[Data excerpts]
______
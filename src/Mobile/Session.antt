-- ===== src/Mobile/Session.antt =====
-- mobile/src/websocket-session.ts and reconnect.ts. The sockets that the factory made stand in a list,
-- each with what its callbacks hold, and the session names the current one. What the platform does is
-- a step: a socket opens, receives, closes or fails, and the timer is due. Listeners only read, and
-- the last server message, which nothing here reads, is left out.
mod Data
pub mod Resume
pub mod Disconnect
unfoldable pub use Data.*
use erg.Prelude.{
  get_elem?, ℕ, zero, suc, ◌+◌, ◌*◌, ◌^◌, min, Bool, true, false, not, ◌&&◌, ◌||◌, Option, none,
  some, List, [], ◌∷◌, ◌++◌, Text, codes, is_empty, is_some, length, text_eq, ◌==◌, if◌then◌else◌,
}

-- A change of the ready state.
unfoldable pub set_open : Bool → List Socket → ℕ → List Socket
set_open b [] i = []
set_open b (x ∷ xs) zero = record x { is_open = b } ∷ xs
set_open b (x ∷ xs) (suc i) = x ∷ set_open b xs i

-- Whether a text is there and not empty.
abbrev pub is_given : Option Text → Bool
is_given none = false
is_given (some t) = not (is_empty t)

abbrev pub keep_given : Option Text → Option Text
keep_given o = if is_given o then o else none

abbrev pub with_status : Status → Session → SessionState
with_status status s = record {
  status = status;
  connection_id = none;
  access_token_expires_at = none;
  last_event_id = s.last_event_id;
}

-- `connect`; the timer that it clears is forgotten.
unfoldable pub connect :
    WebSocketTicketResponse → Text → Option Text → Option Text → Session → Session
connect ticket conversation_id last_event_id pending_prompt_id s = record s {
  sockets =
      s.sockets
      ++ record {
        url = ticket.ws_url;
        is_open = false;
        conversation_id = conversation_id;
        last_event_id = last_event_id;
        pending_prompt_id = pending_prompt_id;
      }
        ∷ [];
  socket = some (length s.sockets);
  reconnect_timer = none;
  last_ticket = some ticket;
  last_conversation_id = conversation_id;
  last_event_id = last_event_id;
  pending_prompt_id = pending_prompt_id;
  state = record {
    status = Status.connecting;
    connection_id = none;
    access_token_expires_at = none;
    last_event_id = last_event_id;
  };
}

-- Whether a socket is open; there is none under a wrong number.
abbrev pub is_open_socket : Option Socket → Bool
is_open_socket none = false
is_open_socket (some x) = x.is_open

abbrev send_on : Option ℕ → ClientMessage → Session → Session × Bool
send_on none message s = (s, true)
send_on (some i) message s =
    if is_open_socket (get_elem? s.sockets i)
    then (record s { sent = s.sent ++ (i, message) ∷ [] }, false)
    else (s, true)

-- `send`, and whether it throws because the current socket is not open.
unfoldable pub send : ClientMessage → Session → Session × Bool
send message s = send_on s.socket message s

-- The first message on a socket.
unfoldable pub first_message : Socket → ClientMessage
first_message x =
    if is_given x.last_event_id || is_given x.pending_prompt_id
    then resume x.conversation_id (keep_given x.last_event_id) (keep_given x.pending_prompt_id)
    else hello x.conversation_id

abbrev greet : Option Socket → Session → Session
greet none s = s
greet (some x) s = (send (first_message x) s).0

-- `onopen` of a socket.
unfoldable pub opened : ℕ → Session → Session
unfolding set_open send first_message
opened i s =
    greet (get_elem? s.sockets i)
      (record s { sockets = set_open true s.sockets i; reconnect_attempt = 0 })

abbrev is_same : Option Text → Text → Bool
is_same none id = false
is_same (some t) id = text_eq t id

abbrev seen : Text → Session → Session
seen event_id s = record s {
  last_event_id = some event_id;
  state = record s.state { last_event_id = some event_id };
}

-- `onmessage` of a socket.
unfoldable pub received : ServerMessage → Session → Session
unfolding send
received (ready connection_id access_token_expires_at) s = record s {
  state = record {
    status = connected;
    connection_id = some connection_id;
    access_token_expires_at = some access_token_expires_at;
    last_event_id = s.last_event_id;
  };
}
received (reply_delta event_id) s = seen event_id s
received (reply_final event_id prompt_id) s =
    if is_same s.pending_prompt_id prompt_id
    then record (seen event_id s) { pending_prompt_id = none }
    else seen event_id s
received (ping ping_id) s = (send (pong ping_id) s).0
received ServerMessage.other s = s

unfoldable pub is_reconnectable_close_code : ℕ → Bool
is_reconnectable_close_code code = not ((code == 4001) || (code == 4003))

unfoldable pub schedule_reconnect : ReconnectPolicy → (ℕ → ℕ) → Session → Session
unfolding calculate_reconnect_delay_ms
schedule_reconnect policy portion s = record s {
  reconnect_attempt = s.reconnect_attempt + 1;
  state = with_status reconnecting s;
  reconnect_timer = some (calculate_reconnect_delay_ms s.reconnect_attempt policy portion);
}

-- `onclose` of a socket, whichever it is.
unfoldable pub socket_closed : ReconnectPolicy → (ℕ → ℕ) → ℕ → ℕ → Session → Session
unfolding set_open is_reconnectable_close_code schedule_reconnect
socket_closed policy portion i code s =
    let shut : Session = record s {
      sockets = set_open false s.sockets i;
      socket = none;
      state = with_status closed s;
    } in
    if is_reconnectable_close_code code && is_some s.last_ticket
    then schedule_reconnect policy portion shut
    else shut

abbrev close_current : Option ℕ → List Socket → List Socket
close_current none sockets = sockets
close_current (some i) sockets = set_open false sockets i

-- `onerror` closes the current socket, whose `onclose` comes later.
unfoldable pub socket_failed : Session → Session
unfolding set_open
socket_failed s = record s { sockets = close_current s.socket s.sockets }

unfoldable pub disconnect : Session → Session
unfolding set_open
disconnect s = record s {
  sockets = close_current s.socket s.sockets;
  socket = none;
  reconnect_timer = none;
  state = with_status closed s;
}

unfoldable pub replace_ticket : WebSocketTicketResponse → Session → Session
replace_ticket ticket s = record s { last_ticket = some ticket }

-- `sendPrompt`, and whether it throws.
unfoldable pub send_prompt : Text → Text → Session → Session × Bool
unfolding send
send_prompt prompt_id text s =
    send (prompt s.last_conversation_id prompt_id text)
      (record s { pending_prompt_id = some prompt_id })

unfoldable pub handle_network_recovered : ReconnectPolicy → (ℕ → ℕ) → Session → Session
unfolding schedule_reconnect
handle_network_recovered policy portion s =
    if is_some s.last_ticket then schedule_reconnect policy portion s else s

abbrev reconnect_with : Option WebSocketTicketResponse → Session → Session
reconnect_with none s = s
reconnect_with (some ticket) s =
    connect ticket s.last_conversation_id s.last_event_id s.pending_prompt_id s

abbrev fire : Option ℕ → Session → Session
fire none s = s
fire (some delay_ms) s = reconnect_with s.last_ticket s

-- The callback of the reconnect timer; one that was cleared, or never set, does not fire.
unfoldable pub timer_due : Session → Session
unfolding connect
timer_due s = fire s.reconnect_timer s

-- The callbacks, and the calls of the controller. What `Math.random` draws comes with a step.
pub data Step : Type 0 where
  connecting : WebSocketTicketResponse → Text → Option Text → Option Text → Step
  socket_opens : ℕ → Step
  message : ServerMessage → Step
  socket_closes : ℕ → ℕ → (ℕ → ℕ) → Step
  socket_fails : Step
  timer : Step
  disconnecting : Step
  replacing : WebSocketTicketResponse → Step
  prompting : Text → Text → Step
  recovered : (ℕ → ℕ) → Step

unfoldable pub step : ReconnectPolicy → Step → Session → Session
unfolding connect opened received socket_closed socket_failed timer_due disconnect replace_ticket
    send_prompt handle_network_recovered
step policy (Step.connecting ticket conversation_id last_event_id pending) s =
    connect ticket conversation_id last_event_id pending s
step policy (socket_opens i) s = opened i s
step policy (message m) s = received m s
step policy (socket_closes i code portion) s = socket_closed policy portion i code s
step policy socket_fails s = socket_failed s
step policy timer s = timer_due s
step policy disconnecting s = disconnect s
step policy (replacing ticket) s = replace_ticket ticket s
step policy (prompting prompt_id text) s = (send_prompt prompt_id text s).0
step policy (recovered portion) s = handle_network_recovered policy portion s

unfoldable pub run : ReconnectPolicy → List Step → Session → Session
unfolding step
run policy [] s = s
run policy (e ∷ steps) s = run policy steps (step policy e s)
______
Directions: Among the entries above, find every line holding "What" and copy it.

Written answer:
-- each with what its callbacks hold, and the session names the current one. What the platform does is
-- The callbacks, and the calls of the controller. What `Math.random` draws comes with a step.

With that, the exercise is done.